### What to work on:
Everything from the first line of the material below through the line containing "abbrev be16 : ℕ → Text → ℕ" is to be printed exactly, and nothing more.

### Recorded information:
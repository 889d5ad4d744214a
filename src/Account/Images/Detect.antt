-- ===== src/Account/Images/Detect.antt =====
-- `detect_profile_image` and `jpeg_dimensions` of websocket/protocol.rs.
use lqxp.Common.{
  ℕ, zero, suc, ◌+◌, ◌*◌, Bool, ◌&&◌, ◌||◌, not, Option, none, some, [], ◌∷◌, ltb, leb, nat_beq,
  if◌then◌else◌, ◌==◌, length, is_empty, drop, is_some, Text, text, to_ascii_lowercase, text_Eq,
}
use lqxp.Common.Chars.{strip_prefix}
use lqxp.Room.Decide.{Verdict, allow, refuse}
use lqxp.Account.Images.{byte_at, be32, png_signature, skip_ff}

-- The type, the width and the height.
pub record Detected : Type 0 where
  pub mime_type : Text
  pub width : ℕ
  pub height : ℕ

abbrev be16 : ℕ → Text → ℕ
be16 i s = byte_at i s * 256 + byte_at (i + 1) s

abbrev le16 : ℕ → Text → ℕ
le16 i s = byte_at i s + byte_at (i + 1) s * 256

is_frame_marker : ℕ → Bool
is_frame_marker marker =
    leb 0xc0 marker
    && (leb marker 0xcf
        && not (nat_beq marker 0xc4 || (nat_beq marker 0xc8 || nat_beq marker 0xcc)))

-- After a marker, on the bytes that follow it; `rest` is the loop on what follows the segment.
frame_size : ℕ → Text → (ℕ → Option (ℕ × ℕ)) → Option (ℕ × ℕ)
unfolding is_frame_marker
frame_size marker bytes rest =
    let len = be16 0 bytes in
    if ltb (length bytes) 2
    then none
    else if ltb len 2 || ltb (length bytes) len
    then none
    else if is_frame_marker marker
    then (if ltb len 7 || ltb (length bytes) 7 then none else some (be16 5 bytes, be16 3 bytes))
    else rest len

after_run : Text → (Text → Option (ℕ × ℕ)) → Option (ℕ × ℕ)
unfolding frame_size
after_run [] loop = none
after_run (marker ∷ bytes) loop =
    if nat_beq marker 0xd8 || (nat_beq marker 0xd9 || nat_beq marker 0x01)
    then loop bytes
    else frame_size marker bytes (λ len. loop (drop len bytes))

-- The loop, on the bytes left; every round uses up at least one.
jpeg_size : ℕ → Text → Option (ℕ × ℕ)
unfolding after_run skip_ff
jpeg_size zero bytes = none
jpeg_size (suc fuel) [] = none
jpeg_size (suc fuel) (b ∷ bytes) =
    if leb (length (b ∷ bytes)) 9
    then none
    else if nat_beq b 0xff
    then after_run (skip_ff bytes) (λ left. jpeg_size fuel left)
    else jpeg_size fuel bytes

jpeg_dimensions : Text → Verdict (ℕ × ℕ)
unfolding jpeg_size
jpeg_dimensions bytes = elim (jpeg_size (length bytes) (drop 2 bytes)) [
  | none ↦ refuse "JPEG dimensions are invalid"
  | some size ↦ allow size
]

-- The declared type is empty or one of two.
declares : Text → Text → Text → Bool
declares declared a b = is_empty declared || (declared == a || declared == b)

starts_with : Text → Text → Bool
unfolding strip_prefix
starts_with prefix bytes = is_some (strip_prefix prefix bytes)

detected : Text → Verdict (ℕ × ℕ) → Verdict Detected
detected mime_type (refuse e) = refuse e
detected mime_type (allow (width, height)) =
    allow record { mime_type = mime_type; width = width; height = height }

unfoldable pub detect_profile_image : Text → Text → Verdict Detected
unfolding detected declares starts_with jpeg_dimensions text be32
detect_profile_image bytes declared_mime =
    let declared = to_ascii_lowercase declared_mime in
    if leb 24 (length bytes) && starts_with png_signature bytes
    then (if declares declared (text "image/png") (text "image/apng")
        then detected (text "image/png") (allow (be32 (drop 16 bytes), be32 (drop 20 bytes)))
        else refuse "Profile image MIME does not match PNG/APNG data")
    else if leb 10 (length bytes)
        && (starts_with (text "GIF87a") bytes || starts_with (text "GIF89a") bytes)
    then (if declares declared (text "image/gif") (text "image/gif")
        then detected (text "image/gif") (allow (le16 6 bytes, le16 8 bytes))
        else refuse "Profile image MIME does not match GIF data")
    else if leb 4 (length bytes) && starts_with (0xff ∷ 0xd8 ∷ []) bytes
    then (if declares declared (text "image/jpeg") (text "image/jpg")
        then detected (text "image/jpeg") (jpeg_dimensions bytes)
        else refuse "Profile image MIME does not match JPEG data")
    else refuse "Unsupported profile image codec"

### Solution below:
repository 889d5ad4d744214a
filename src/Account/Images/Detect.antt
-- ===== src/Account/Images/Detect.antt =====
-- `detect_profile_image` and `jpeg_dimensions` of websocket/protocol.rs.
use lqxp.Common.{
  ℕ, zero, suc, ◌+◌, ◌*◌, Bool, ◌&&◌, ◌||◌, not, Option, none, some, [], ◌∷◌, ltb, leb, nat_beq,
  if◌then◌else◌, ◌==◌, length, is_empty, drop, is_some, Text, text, to_ascii_lowercase, text_Eq,
}
use lqxp.Common.Chars.{strip_prefix}
use lqxp.Room.Decide.{Verdict, allow, refuse}
use lqxp.Account.Images.{byte_at, be32, png_signature, skip_ff}

-- The type, the width and the height.
pub record Detected : Type 0 where
  pub mime_type : Text
  pub width : ℕ
  pub height : ℕ

abbrev be16 : ℕ → Text → ℕ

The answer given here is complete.